Task brief >> When the line containing "unfolding validate_context_field" appears in the entries below, begin printing there and stop after the line containing "raise_if (has_control item) invalid_tags"; print each of those lines exactly and no other line.

Records for this exercise >>
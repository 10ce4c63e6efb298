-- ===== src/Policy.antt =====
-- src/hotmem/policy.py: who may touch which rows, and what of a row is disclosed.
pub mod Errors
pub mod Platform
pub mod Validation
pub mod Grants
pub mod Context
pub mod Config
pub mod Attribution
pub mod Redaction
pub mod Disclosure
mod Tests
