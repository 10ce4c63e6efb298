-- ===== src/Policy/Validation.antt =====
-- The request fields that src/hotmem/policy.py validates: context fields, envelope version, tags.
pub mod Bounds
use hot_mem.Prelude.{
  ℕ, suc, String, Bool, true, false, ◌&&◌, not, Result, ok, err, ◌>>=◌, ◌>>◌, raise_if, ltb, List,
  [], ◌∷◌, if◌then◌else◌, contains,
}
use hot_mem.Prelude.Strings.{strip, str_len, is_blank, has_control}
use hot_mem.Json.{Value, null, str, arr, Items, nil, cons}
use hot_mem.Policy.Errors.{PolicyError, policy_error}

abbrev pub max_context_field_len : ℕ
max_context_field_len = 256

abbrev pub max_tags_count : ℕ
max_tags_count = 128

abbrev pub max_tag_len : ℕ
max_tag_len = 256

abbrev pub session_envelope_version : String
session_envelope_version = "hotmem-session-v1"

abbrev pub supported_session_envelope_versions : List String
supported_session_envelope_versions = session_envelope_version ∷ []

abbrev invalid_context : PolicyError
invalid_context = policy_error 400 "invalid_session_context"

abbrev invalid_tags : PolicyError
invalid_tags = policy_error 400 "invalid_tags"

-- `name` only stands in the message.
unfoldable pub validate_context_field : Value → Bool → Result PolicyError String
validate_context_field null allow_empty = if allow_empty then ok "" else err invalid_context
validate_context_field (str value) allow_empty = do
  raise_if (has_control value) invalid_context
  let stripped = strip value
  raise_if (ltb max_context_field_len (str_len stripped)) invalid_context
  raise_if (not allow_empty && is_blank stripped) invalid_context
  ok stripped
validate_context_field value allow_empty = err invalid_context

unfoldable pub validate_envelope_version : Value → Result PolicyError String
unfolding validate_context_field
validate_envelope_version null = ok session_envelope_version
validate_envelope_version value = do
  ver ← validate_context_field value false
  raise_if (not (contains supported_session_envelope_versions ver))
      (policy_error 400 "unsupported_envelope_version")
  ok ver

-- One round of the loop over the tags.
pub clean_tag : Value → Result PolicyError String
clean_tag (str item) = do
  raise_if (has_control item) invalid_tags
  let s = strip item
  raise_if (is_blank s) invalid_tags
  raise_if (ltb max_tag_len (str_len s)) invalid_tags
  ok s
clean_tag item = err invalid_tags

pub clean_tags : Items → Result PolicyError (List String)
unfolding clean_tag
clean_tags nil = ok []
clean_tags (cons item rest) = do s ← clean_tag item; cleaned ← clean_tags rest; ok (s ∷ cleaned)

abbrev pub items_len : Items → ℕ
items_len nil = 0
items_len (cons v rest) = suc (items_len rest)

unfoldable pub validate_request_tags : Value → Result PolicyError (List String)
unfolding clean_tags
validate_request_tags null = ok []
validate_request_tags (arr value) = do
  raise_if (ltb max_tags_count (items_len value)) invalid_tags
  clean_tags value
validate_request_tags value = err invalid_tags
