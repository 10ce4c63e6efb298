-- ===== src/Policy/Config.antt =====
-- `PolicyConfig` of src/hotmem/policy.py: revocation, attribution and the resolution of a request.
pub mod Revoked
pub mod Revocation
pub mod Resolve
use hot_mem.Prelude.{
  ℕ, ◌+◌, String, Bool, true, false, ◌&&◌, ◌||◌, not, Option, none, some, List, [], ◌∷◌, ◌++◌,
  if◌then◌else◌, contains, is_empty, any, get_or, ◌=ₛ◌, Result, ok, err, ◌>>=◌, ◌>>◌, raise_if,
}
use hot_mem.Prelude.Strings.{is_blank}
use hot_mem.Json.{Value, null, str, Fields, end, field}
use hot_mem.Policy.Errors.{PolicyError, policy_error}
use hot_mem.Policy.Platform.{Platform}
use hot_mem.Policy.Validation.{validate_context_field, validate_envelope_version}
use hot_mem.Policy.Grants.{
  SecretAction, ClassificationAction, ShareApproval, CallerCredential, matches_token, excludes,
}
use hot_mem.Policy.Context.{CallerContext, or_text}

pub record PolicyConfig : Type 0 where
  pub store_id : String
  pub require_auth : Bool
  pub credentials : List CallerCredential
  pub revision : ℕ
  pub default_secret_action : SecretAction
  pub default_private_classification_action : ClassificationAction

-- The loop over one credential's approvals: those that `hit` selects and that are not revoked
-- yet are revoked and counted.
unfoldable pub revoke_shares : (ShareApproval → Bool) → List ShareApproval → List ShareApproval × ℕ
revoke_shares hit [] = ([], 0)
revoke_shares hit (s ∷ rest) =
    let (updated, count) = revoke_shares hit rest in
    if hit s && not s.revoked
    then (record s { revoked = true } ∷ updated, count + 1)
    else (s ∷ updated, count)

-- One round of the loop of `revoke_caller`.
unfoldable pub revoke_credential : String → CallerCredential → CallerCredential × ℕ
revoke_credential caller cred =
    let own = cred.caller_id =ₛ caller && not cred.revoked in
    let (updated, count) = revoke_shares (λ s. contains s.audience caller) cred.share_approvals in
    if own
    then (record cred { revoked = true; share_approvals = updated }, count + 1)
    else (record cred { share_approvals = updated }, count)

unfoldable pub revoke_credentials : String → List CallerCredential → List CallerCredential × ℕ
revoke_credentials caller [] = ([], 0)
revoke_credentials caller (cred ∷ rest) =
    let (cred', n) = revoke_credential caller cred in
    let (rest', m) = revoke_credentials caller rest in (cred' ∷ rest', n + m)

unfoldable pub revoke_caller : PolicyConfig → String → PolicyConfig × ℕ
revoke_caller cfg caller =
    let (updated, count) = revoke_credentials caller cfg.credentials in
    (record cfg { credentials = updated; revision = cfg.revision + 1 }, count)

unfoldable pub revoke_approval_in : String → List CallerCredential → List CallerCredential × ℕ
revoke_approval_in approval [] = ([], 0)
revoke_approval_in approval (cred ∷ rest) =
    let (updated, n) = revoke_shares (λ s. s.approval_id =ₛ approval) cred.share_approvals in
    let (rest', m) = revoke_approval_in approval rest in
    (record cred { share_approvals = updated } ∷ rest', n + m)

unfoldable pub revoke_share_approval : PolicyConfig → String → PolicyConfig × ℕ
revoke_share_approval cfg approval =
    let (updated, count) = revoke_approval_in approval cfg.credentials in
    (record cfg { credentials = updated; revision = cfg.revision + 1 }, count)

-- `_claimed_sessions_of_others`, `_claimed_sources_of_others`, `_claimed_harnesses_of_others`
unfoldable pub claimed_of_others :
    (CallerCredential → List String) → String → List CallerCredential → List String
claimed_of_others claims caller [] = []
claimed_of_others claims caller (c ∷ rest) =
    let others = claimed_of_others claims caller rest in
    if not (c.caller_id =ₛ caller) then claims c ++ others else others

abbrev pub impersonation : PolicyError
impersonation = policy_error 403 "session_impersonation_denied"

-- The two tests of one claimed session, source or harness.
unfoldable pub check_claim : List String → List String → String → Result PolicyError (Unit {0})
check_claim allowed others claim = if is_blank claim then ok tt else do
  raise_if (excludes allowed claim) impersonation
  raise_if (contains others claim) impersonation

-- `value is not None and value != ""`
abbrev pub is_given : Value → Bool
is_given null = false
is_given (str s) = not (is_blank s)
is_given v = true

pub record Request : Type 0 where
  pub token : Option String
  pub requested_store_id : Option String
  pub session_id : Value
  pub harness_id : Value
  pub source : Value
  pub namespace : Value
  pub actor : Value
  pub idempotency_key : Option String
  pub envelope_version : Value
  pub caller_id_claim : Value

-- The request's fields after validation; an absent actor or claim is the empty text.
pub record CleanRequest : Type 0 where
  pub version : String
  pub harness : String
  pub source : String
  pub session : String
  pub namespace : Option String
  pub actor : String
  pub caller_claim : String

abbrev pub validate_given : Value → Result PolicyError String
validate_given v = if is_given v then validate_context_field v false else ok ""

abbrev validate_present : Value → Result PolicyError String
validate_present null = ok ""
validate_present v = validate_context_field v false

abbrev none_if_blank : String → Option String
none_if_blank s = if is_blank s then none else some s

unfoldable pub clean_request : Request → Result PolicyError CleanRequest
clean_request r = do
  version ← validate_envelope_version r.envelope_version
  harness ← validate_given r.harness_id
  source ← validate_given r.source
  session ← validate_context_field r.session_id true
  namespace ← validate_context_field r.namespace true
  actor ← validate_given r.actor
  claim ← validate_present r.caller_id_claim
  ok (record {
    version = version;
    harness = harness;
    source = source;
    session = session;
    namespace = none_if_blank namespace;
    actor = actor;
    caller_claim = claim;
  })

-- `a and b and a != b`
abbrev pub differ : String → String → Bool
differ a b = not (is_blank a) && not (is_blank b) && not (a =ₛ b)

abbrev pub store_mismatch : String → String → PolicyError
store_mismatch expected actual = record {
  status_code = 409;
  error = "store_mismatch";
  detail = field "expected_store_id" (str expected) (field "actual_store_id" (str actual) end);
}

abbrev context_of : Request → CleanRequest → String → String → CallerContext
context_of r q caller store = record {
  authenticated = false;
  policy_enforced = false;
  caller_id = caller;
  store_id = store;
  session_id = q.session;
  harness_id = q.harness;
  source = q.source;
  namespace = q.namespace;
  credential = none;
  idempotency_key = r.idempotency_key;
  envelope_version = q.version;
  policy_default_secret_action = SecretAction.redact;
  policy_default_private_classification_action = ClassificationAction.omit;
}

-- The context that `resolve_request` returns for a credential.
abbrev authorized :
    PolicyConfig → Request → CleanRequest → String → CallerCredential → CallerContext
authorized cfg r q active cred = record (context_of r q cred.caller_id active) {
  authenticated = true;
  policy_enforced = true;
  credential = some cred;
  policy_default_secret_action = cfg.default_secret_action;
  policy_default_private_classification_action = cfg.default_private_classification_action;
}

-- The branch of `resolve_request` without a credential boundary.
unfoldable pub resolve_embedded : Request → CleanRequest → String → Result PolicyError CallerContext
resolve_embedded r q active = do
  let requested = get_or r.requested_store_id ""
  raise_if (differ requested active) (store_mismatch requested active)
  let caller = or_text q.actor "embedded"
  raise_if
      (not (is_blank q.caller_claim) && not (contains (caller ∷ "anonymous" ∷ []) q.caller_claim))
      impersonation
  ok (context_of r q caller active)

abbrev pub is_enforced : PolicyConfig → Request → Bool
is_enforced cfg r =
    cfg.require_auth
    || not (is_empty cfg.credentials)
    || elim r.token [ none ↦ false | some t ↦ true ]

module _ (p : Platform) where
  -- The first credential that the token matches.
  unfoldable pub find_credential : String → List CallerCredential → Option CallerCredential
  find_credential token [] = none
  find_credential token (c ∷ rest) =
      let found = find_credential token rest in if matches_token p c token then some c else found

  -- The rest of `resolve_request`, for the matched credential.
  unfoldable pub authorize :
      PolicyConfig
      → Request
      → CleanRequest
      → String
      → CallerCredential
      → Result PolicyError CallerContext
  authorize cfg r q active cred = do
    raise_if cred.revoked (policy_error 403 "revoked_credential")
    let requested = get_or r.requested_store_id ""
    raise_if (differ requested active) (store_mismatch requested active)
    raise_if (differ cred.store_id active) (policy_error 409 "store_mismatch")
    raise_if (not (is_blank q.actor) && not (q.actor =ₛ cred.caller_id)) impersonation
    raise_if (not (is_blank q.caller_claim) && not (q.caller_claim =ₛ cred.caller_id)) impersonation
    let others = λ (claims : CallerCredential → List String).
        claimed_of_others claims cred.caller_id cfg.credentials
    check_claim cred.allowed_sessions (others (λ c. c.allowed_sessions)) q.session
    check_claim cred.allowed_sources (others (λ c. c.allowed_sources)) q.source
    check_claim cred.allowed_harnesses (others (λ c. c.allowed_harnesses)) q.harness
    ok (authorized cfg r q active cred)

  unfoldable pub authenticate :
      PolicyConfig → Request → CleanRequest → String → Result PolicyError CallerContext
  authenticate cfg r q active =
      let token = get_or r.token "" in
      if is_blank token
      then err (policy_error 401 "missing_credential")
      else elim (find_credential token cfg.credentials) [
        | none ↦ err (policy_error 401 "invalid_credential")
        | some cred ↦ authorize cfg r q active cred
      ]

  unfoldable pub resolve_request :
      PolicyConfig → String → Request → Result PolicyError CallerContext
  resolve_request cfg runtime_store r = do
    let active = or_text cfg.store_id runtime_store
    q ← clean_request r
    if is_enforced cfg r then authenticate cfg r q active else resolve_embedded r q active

Result >>
unfolding validate_context_field
validate_envelope_version null = ok session_envelope_version
validate_envelope_version value = do
  ver ← validate_context_field value false
  raise_if (not (contains supported_session_envelope_versions ver))
      (policy_error 400 "unsupported_envelope_version")
  ok ver

-- One round of the loop over the tags.
pub clean_tag : Value → Result PolicyError String
clean_tag (str item) = do
  raise_if (has_control item) invalid_tags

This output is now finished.